"""
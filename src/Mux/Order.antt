-- ===== src/Mux/Order.antt =====
-- The order in which a mux emits items, and from which port: mux loops of
-- lsq/LoadStoreQueueBRAM.hpp.
use elastic_sycl_hls.Prelude.{
  ℕ, zero, suc, ◌+◌, ◌≡◌, refl, ap, ◌≢◌, ◌⊎◌, inl, inr, Bool-cases, Option-cases, Option, none,
  some, List, [], ◌∷◌, map, arith, length, get_elem?,
}
use elastic_sycl_hls.Mux.{
  Mux, MuxInput, next_uint, refill_port, refill_ports, choose_at, choose_port, advance_tag,
  mux_step, written, mux_run,
}

-- `n` consecutive tags of a 32-bit counter.
abbrev pub tags_from : ℕ → ℕ → List ℕ
tags_from next zero = []
tags_from next (suc n) = next ∷ tags_from (next_uint next) n

module _ {ℓ} {A : Type ℓ} (tag : A → ℕ) where
  -- Item `x` with tag `next` is in the register of port `j`, where `ps` are the ports from `k` on.
  abbrev pub HeldAt : ℕ → ℕ → List (Option A) → ℕ → A → Type ℓ
  HeldAt next k ps j x = (i : ℕ) × (j ≡ k + i) × (get_elem? ps i ≡ some (some x)) × (tag x ≡ next)

  HeldAt-suc :
      (next k j : ℕ) (p : Option A) (ps : List (Option A)) {x : A}
      → HeldAt next (k + 1) ps j x
      → HeldAt next k (p ∷ ps) j x
  HeldAt-suc next k j p ps (i, e, held, t) = (suc i, omega arith, held, t)

  choose_at-some :
      (next k : ℕ) (p : Option A) (chosen : Option (ℕ × A)) {j : ℕ} {x : A}
      → choose_at tag next k p chosen ≡ some (j, x)
      → (chosen ≡ some (j, x)) ⊎ ((p ≡ some x) × (j ≡ k) × (tag x ≡ next))
  unfolding choose_at
  choose_at-some next k none chosen e = inl e
  choose_at-some next k (some y) chosen e = ground arith

  pub choose_port-some :
      (next k : ℕ) (ps : List (Option A)) (chosen : Option (ℕ × A)) {j : ℕ} {x : A}
      → choose_port tag next k ps chosen ≡ some (j, x)
      → (chosen ≡ some (j, x)) ⊎ HeldAt next k ps j x
  unfolding choose_port
  choose_port-some next k [] chosen e = inl e
  choose_port-some next k (p ∷ ps) chosen e =
      elim (choose_port-some next (k + 1) ps (choose_at tag next k p chosen) e) [
        | inl now ↦ elim (choose_at-some next k p chosen now) [
          | inl before ↦ inl before
          | inr (here, at, t) ↦ inr (zero, omega arith, ap some here, t)
        ]
        | inr later ↦ inr (HeldAt-suc next k _ p ps later)
      ]

  -- An item that was chosen stays, unless a later port overwrites it by another.
  choose_port-keeps :
      (next k : ℕ) (ps : List (Option A)) (y : ℕ × A) → choose_port tag next k ps (some y) ≢ none
  unfolding choose_port choose_at
  choose_port-keeps next k [] y e = cc
  choose_port-keeps next k (none ∷ ps) y e = choose_port-keeps next (k + 1) ps y e
  choose_port-keeps next k (some x ∷ ps) y e =
      ground (arith, choose_port-keeps next (k + 1) ps y, choose_port-keeps next (k + 1) ps (k, x))

  pub choose_port-none :
      (next k : ℕ) (ps : List (Option A))
      → choose_port tag next k ps none ≡ none
      → (i : ℕ) (x : A) → get_elem? ps i ≡ some (some x)
      → tag x ≢ next
  unfolding choose_port choose_at
  choose_port-none next k [] e i x h = cc
  choose_port-none next k (none ∷ ps) e zero x h = cc
  choose_port-none next k (none ∷ ps) e (suc i) x h = choose_port-none next (k + 1) ps e i x h
  choose_port-none next k (some y ∷ ps) e zero x h =
      ground (arith, choose_port-keeps next (k + 1) ps (k, y))
  choose_port-none next k (some y ∷ ps) e (suc i) x h = ground (
    arith,
    choose_port-keeps next (k + 1) ps (k, y),
    λ (f : choose_port tag next (k + 1) ps none ≡ none). choose_port-none next (k + 1) ps f i x h,
  )

  -- A register holds what it held, or what its pipe delivered.
  refill_ports-some :
      (next k : ℕ) (offer : ℕ → Option A) (ps : List (Option A)) (i : ℕ) (x : A)
      → get_elem? (refill_ports tag next k offer ps) i ≡ some (some x)
      → (get_elem? ps i ≡ some (some x)) ⊎ (offer (k + i) ≡ some x)
  unfolding refill_ports refill_port
  refill_ports-some next k offer [] i x h = cc
  refill_ports-some next k offer (none ∷ ps) zero x h = inr (ground arith)
  refill_ports-some next k offer (some y ∷ ps) zero x h = ground arith
  refill_ports-some next k offer (p ∷ ps) (suc i) x h =
      elim (refill_ports-some next (k + 1) offer ps i x h) [
        | inl old ↦ inl old
        | inr new ↦ let e : k + suc i ≡ k + 1 + i = omega arith in inr (rw e new)
      ]

  pub mux_step-holds :
      (m : Mux A) (offer : ℕ → Option A) (i : ℕ) (x : A)
      → get_elem? (mux_step tag m offer).0.ports i ≡ some (some x)
      → (get_elem? m.ports i ≡ some (some x)) ⊎ (offer i ≡ some x)
  unfolding mux_step
  mux_step-holds m offer i x h = elim (refill_ports-some m.next_tag 0 offer m.ports i x h) [
    | inl old ↦ inl old
    | inr new ↦ let e : i ≡ 0 + i = omega arith in inr (rw e new)
  ]

  -- One iteration of a mux: it emits an item exactly when some port register holds the next tag.
  -- What it emits then is the content of the register of the port that it names and carries the
  -- next tag, and `next_tag` moves on by one; otherwise `next_tag` stays.
  pub mux_step-emits :
      (m : Mux A) (offer : ℕ → Option A)
      → ((j : ℕ) × (x : A) × ((mux_step tag m offer).1 ≡ some (j, x))
          × (get_elem? m.ports j ≡ some (some x))
          × (tag x ≡ m.next_tag)
          × ((mux_step tag m offer).0.next_tag ≡ next_uint m.next_tag))
        ⊎ (((mux_step tag m offer).1 ≡ none)
            × ((i : ℕ) (x : A) → get_elem? m.ports i ≡ some (some x) → tag x ≢ m.next_tag)
            × ((mux_step tag m offer).0.next_tag ≡ m.next_tag))
  unfolding mux_step advance_tag
  mux_step-emits m offer = elim (Option-cases (choose_port tag m.next_tag 0 m.ports none)) [
    | inl e ↦ inr (e, choose_port-none m.next_tag 0 m.ports e, rw e)
    | inr ((j, x), e) ↦ elim (choose_port-some m.next_tag 0 m.ports none e) [
      | inl never ↦ cc
      | inr (i, at, held, t) ↦ inl (j, x, e, ground arith, t, rw e)
    ]
  ]

  -- Over a whole run, whatever the pipes deliver and in whatever order: the items that a mux
  -- writes carry consecutive tags, from its `next_tag` on.
  pub mux_run-consecutive :
      (m : Mux A) (is : List (MuxInput A))
      → let out = (mux_run tag m is).0 in map tag out ≡ tags_from m.next_tag (length out)
  unfolding mux_run written
  mux_run-consecutive m [] = refl
  mux_run-consecutive m (i ∷ is) = elim (mux_step-emits m i.offer) [
    | inl (j, x, e, held, t, n) ↦ elim (Bool-cases i.end_arrived) [
      | inl stop ↦ rw (stop, e) (rw t)
      | inr go ↦ rw (go, e) (cc (mux_run-consecutive (mux_step tag m i.offer).0 is))
    ]
    | inr (e, _, n) ↦ elim (Bool-cases i.end_arrived) [
      | inl stop ↦ rw (stop, e) refl
      | inr go ↦ rw (go, e) (cc (mux_run-consecutive (mux_step tag m i.offer).0 is))
    ]
  ]
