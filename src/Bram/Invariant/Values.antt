-- ===== src/Bram/Invariant/Values.antt =====
-- The store value of an iteration belongs to the oldest store that is not done:
-- lsq/LoadStoreQueueBRAM.hpp lines 301-347.
use elastic_sycl_hls.Prelude.{
  ℕ, suc, ◌+◌, ◌<◌, ◌^◌, ◌≡◌, inl, inr, true, false, Bool-cases, Option, none, some, arith, refl,
  get_elem?, if◌then◌else◌,
}
use mathlib.Core.Path.{subst}
use elastic_sycl_hls.Mux.{Mux, mux_step}
use elastic_sycl_hls.Mux.Order.{mux_step-emits, mux_step-holds}
use elastic_sycl_hls.Bram.State.{
  TaggedVal, val_tag, Config, use_st_val_mux_inlined, StAlloc, PipeInputs, is_some,
}
use elastic_sycl_hls.Bram.Stores.{StVal, st_val_from, picked_val, read_st_val, take_st_val}
use elastic_sycl_hls.Bram.Program.{Program, Progress, Conforms, commits}
use elastic_sycl_hls.Bram.Invariant.{ValueOf, MuxHolds}

-- What is known of a store value that arrives, where `c` stores are done and `r` loads returned.
pub record Arrival {V : Type 0} (cfg : Config) (p : Program V) (c r : ℕ) (st : StVal V)
    : Type 0 where
  pub value : st.arrived ≡ true → st.value ≡ p.st_value (suc c)
  pub valid : st.valid ≡ (if st.arrived then commits cfg p (suc c) else false)
  pub served : st.arrived ≡ true → (i : ℕ) → p.ld_tag i < suc c → i < r

module _ {V : Type 0} (cfg : Config) (p : Program V) (g : Progress) where
  st_val_from-Arrival :
      (rd : Option (TaggedVal V)) (junk : TaggedVal V) (mux : Mux (TaggedVal V))
      → ((x : TaggedVal V) → rd ≡ some x → ValueOf p g.returned x × (x.tag ≡ suc g.done))
      → Arrival cfg p g.done g.returned (st_val_from cfg rd junk mux)
  unfolding st_val_from
  st_val_from-Arrival none junk mux h = record {
    value = λ e. cc;
    valid = ground arith;
    served = λ e. cc;
  }
  st_val_from-Arrival (some x) junk mux h =
      let ((v, w, first), t) = h x refl in
      record { value = λ _. rw (← t) v; valid = ground arith; served = λ _ i lt. first i (rw t lt) }

  abbrev mux_of : PipeInputs V → Mux (TaggedVal V) → Mux (TaggedVal V) × Option (ℕ × TaggedVal V)
  mux_of inp m = mux_step val_tag m inp.st_val_offer

  -- After an iteration of the inlined mux that has picked a value or not.
  mux_step-MuxHolds :
      (inp : PipeInputs V) (m : Mux (TaggedVal V))
      → Conforms cfg p g inp
      → MuxHolds p g m
      → g.done + 2 < 2 ^ 32
      → let (m', chosen) = mux_of inp m in
        MuxHolds p
          (record g { done = if is_some (picked_val cfg chosen) then suc g.done else g.done })
          m'
        × ((x : TaggedVal V)
            → picked_val cfg chosen ≡ some x
            → ValueOf p g.returned x × (x.tag ≡ suc g.done))
  mux_step-MuxHolds inp m ok h small = elim (mux_step-emits val_tag m inp.st_val_offer) [
    | inl (j, x, e, held, t, n) ↦ rw e (
      record { next = omega (arith, n, h.next); values = kept },
      λ y f.
          let same : x ≡ y = cc in
          subst (λ z. ValueOf p g.returned z × (z.tag ≡ suc g.done)) same
            (h.values j x held, omega (arith, t, h.next)),
    )
    | inr (e, _, n) ↦ rw e (record { next = omega (arith, n, h.next); values = kept }, λ y f. cc)
  ]
    where
      kept :
          (i : ℕ) (x : TaggedVal V)
          → get_elem? (mux_of inp m).0.ports i ≡ some (some x)
          → ValueOf p g.returned x
      kept i x e = elim (mux_step-holds val_tag m inp.st_val_offer i x e) [
        | inl old ↦ h.values i x old
        | inr new ↦ let (v, w) = ok.st_vals i x new in (v, w, ok.loads_first i x new)
      ]

  -- The store value of an iteration under the invariant.
  abbrev pub TakenWell : StAlloc → Mux (TaggedVal V) → StVal V → Type 0
  TakenWell head m st =
      Arrival cfg p g.done g.returned st
      × (st.arrived ≡ true → head.addr_valid ≡ true)
      × (use_st_val_mux_inlined cfg ≡ true
          → MuxHolds p (record g { done = if st.arrived then suc g.done else g.done }) st.mux)

  read_st_val-Arrival :
      (inp : PipeInputs V) (m : Mux (TaggedVal V))
      → Conforms cfg p g inp
      → (use_st_val_mux_inlined cfg ≡ true → MuxHolds p g m)
      → g.done + 2 < 2 ^ 32
      → let st = read_st_val cfg inp m in
        Arrival cfg p g.done g.returned st
        × (use_st_val_mux_inlined cfg ≡ true
            → MuxHolds p (record g { done = if st.arrived then suc g.done else g.done }) st.mux)
  unfolding read_st_val
  read_st_val-Arrival inp m ok h small = elim (Bool-cases (use_st_val_mux_inlined cfg)) [
    | inl inlined ↦
        let (holds, picked) = mux_step-MuxHolds inp m ok (h inlined) small in
        rw inlined (st_val_from-Arrival _ _ _ picked, λ _. holds)
    | inr direct ↦ rw direct (
      st_val_from-Arrival _ _ _ (λ x e.
          let (v, w) = ok.st_vals 0 x e in ((v, w, ok.loads_first 0 x e), ok.in_order x direct e)),
      λ x. cc,
    )
  ]

  pub take_st_val-TakenWell :
      (inp : PipeInputs V) (head : StAlloc) (m : Mux (TaggedVal V))
      → Conforms cfg p g inp
      → (use_st_val_mux_inlined cfg ≡ true → MuxHolds p g m)
      → (head.addr_valid ≡ true → g.done + 2 < 2 ^ 32)
      → TakenWell head m (take_st_val cfg inp head m)
  unfolding take_st_val
  take_st_val-TakenWell inp head m ok h small = elim (Bool-cases head.addr_valid) [
    | inl v ↦
        let (arrival, holds) = read_st_val-Arrival inp m ok h (small v) in
        rw v (arrival, λ _. refl, holds)
    | inr v ↦ rw v (record { value = λ e. cc; valid = refl; served = λ e. cc }, λ e. cc, h)
  ]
"""
# [YOUR TASK]
Please tally the lines of the entries that hold "false" and give only the resulting number.

# [ANSWER SPACE]
2